Waking Up to Subconscious Patriarchy
Men, especially those who are comfortable with their wives and girlfriends working, working and striving every bit as much as them, are convinced that they’re not part of perpetuating the system of patriarchy.
You’re reading the words of someone who was convinced and couldn’t see where my actions were doing anything to hinder any women from those directly in my life to those outside of my life from pursuing their dreams.
In my mind, I was the poster child for fairness and impartiality.
So when I was asked earlier this year, “What are you willing to do to be rid of all forms of patriarchy?”
I was baffled.
“How do I play a role in getting rid of something that I’m not even maintaining?” I thought.
Two months passed after reading that question and thinking deeply. Then I ended up circling back to the words of hooks.
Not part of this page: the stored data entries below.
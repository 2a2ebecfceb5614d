-- ===== src/Header/Ranges.antt =====
-- What `HeaderFetcher` of work_block.rs returns, and how many calls it takes.
use block_ex.Prelude.{
  ℕ, zero, suc, ◌+◌, ◌≡◌, ◌⊎◌, refl, sym, ap, ◌∙◌, Bool, true, false, Option, none, some, List, [],
  ◌∷◌, arith, length, inl, inr, if◌then◌else◌,
}
use block_ex.Result.{Result, ok, err, running}
use block_ex.Rpc.{BlockHeader, GetBlockHeaderByHeightResult}
use block_ex.World.{Env, World}
use block_ex.Header.{
  HeaderFetcher, skip_below, pop_at, take_buffered, fetch, fetch_single, fall_back, from_batch,
  after_fill, from_buffer, fill_batch, batch_end,
}

-- The daemon answers a request for a height by the header of that height.
abbrev pub AnswersHeight : Env → Type 0
AnswersHeight env =
    (n h : ℕ) (res : GetBlockHeaderByHeightResult)
    → env.rpc.get_block_header_by_height n h ≡ some res
    → res.block_header.height ≡ h

pop_at-height :
    (h : ℕ) (l : List BlockHeader) {header : BlockHeader} {rest : List BlockHeader}
    → pop_at h l ≡ (some header, rest)
    → header.height ≡ h
unfolding pop_at
pop_at-height h [] e = absurd (cc e)
pop_at-height h (front ∷ rest) e = ground arith

if-cases {ℓ} :
    {A : Type ℓ} (b : Bool) (x y : A) → ((if b then x else y) ≡ x) ⊎ ((if b then x else y) ≡ y)
if-cases true x y = inl refl
if-cases false x y = inr refl

module _ (env : Env) (answers : AnswersHeight env) where
  fetch_single-height :
      (h : ℕ) (w : World) {header : BlockHeader}
      → (fetch_single env h w).0 ≡ ok header
      → header.height ≡ h
  unfolding fetch_single
  fetch_single-height h w {header} e = go (env.rpc.get_block_header_by_height w.calls h) refl
    where
      go :
          (o : Option GetBlockHeaderByHeightResult)
          → env.rpc.get_block_header_by_height w.calls h ≡ o
          → header.height ≡ h
      go none q = absurd (ground arith)
      go (some res) q = ground (arith, answers w.calls h res q)

  fall_back-height :
      (h : ℕ) (self : HeaderFetcher) (w : World) {header : BlockHeader}
      → (fall_back env h self w).0 ≡ ok header
      → header.height ≡ h
  unfolding fall_back
  fall_back-height h self w e = fetch_single-height h w e

  from_batch-height :
      (h : ℕ) (self : HeaderFetcher) (l : List BlockHeader) (w : World) {header : BlockHeader}
      (found : Option BlockHeader × List BlockHeader)
      → pop_at h l ≡ found
      → (from_batch env h self found w).0 ≡ ok header
      → header.height ≡ h
  unfolding from_batch
  from_batch-height h self l w {header} (some x, rest) q e =
      let same : x ≡ header = cc e in ap (λ y. y.height) (sym same) ∙ pop_at-height h l q
  from_batch-height h self l w {header} (none, rest) q e = fall_back-height h self w e

  after_fill-height :
      (h : ℕ) (self : HeaderFetcher) (filled : Result (List BlockHeader)) (w : World)
      {header : BlockHeader}
      → (after_fill env h self filled w).0 ≡ ok header
      → header.height ≡ h
  unfolding after_fill
  after_fill-height h self (ok l) w e = from_batch-height h self (skip_below h l) w _ refl e
  after_fill-height h self (err x) w e = fall_back-height h self w e
  after_fill-height h self running w e = fall_back-height h self w e

  from_buffer-height :
      (h : ℕ) (self : HeaderFetcher) (l : List BlockHeader) (w : World) {header : BlockHeader}
      (found : Option BlockHeader × List BlockHeader)
      → pop_at h l ≡ found
      → (from_buffer env h self found w).0 ≡ ok header
      → header.height ≡ h
  unfolding from_buffer
  from_buffer-height h self l w {header} (some x, rest) q e =
      let same : x ≡ header = cc e in ap (λ y. y.height) (sym same) ∙ pop_at-height h l q
  from_buffer-height h self l w {header} (none, rest) q e =
      after_fill-height h _ (fill_batch env self.batch_size h w).0 _ e

  -- Where the daemon answers a single request for a height by the header of that height, a fetch that
  -- succeeds returns the header of the height that was asked for, from wherever it comes: the buffer,
  -- a new range or a single request.
  pub fetch-height :
      (h : ℕ) (self : HeaderFetcher) (w : World) {header : BlockHeader}
      → (fetch env h self w).0 ≡ ok header
      → header.height ≡ h
  unfolding fetch take_buffered
  fetch-height h self w {header} e =
      elim (if-cases self.use_range (from_buffer env h self (take_buffered h self.buffered) w)
        ((fetch_single env h w).0, self, (fetch_single env h w).1)) [
          | inl q ↦
              from_buffer-height h self (skip_below h self.buffered) w {header = header} _ refl
                (sym (ap (λ r. r.0) q) ∙ e)
          | inr q ↦ fetch_single-height h w {header = header} (sym (ap (λ r. r.0) q) ∙ e)
        ]

-- Headers of consecutive heights.
abbrev pub Consecutive : ℕ → List BlockHeader → Type 0
Consecutive h [] = Unit
Consecutive h (x ∷ xs) = (x.height ≡ h) × Consecutive (h + 1) xs

take_buffered-Consecutive :
    (h : ℕ) (x : BlockHeader) (xs : List BlockHeader)
    → x.height ≡ h
    → take_buffered h (x ∷ xs) ≡ (some x, xs)
unfolding take_buffered
take_buffered-Consecutive h x xs e = ground arith

module _ (env : Env) where
  fetch-buffered :
      (h batch : ℕ) (x : BlockHeader) (xs : List BlockHeader) (w : World)
      → x.height ≡ h
      → fetch env h (record { buffered = x ∷ xs; use_range = true; batch_size = batch }) w
        ≡ (ok x, record { buffered = xs; use_range = true; batch_size = batch }, w)
  unfolding fetch
  fetch-buffered h batch x xs w e = rw (take_buffered-Consecutive h x xs e, from_buffer)

  fetch-filled :
      (h batch : ℕ) (x : BlockHeader) (xs : List BlockHeader) (w : World)
      → x.height ≡ h
      → env.rpc.get_block_headers_range w.calls h (batch_end h batch) ≡ some (x ∷ xs)
      → fetch env h (record { buffered = []; use_range = true; batch_size = batch }) w ≡ (
        ok x,
        record { buffered = xs; use_range = true; batch_size = batch },
        record w { calls = w.calls + 1 },
      )
  unfolding fetch
  fetch-filled h batch x xs w e answered = rw answered (ground arith)

  -- `count` fetches of consecutive heights, the first of which fails being the last.
  abbrev after_first :
      Result BlockHeader
      → Result (List BlockHeader) × HeaderFetcher × World
      → Result (List BlockHeader) × HeaderFetcher × World
  after_first (ok x) (ok xs, self', w') = (ok (x ∷ xs), self', w')
  after_first (ok x) (err e, self', w') = (err e, self', w')
  after_first (ok x) (running, self', w') = (running, self', w')
  after_first (err e) (rest, self', w') = (err e, self', w')
  after_first running (rest, self', w') = (running, self', w')

  pub fetch_all : ℕ → ℕ → HeaderFetcher → World → Result (List BlockHeader) × HeaderFetcher × World
  fetch_all zero h self w = (ok [], self, w)
  fetch_all (suc count) h self w =
      let (r, self', w') = fetch env h self w in after_first r (fetch_all count (h + 1) self' w')

  fetch_all-buffered :
      (h batch : ℕ) (xs : List BlockHeader) (w : World)
      → Consecutive h xs
      → fetch_all (length xs) h (record { buffered = xs; use_range = true; batch_size = batch }) w
        ≡ (ok xs, record { buffered = []; use_range = true; batch_size = batch }, w)
  unfolding fetch_all
  fetch_all-buffered h batch [] w c = refl
  fetch_all-buffered h batch (x ∷ xs) w (e, c) =
      rw (fetch-buffered h batch x xs w e, fetch_all-buffered (h + 1) batch xs w c)

  -- Where the daemon answers the request for a range by headers of consecutive heights, one for
  -- each is fetched by that single call, in order, and the buffer is empty again.
  pub fetch_all-range :
      (h batch : ℕ) (x : BlockHeader) (xs : List BlockHeader) (w : World)
      → Consecutive h (x ∷ xs)
      → env.rpc.get_block_headers_range w.calls h (batch_end h batch) ≡ some (x ∷ xs)
      → fetch_all
          (length (x ∷ xs))
          h
          (record { buffered = []; use_range = true; batch_size = batch })
          w
        ≡ (
          ok (x ∷ xs),
          record { buffered = []; use_range = true; batch_size = batch },
          record w { calls = w.calls + 1 },
        )
  unfolding fetch_all
  fetch_all-range h batch x xs w (e, c) answered = rw (
    fetch-filled h batch x xs w e answered,
    fetch_all-buffered (h + 1) batch xs (record w { calls = w.calls + 1 }) c,
  )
“Observing his struggle, I saw how little support men received when they chose to be disloyal to patriarchy.” bell hooks
We’re blind. We truly can’t see our role in bolstering patriarchy. Become more aware of the subtle and subconscious things you do to support patriarchal thinking.
There’s a quiet sneer, an unspoken judgment men pass, including me, on other men who don’t choose to follow the path that translates to being the aggressor in the relationship, and the breadwinner.
Real men are supposed to desire money and power.
Men willingly forgoing careers to stay at home raising the kids aren’t powerful. They’re perceived as lesser by the overwhelming majority of men, and frankly, most women.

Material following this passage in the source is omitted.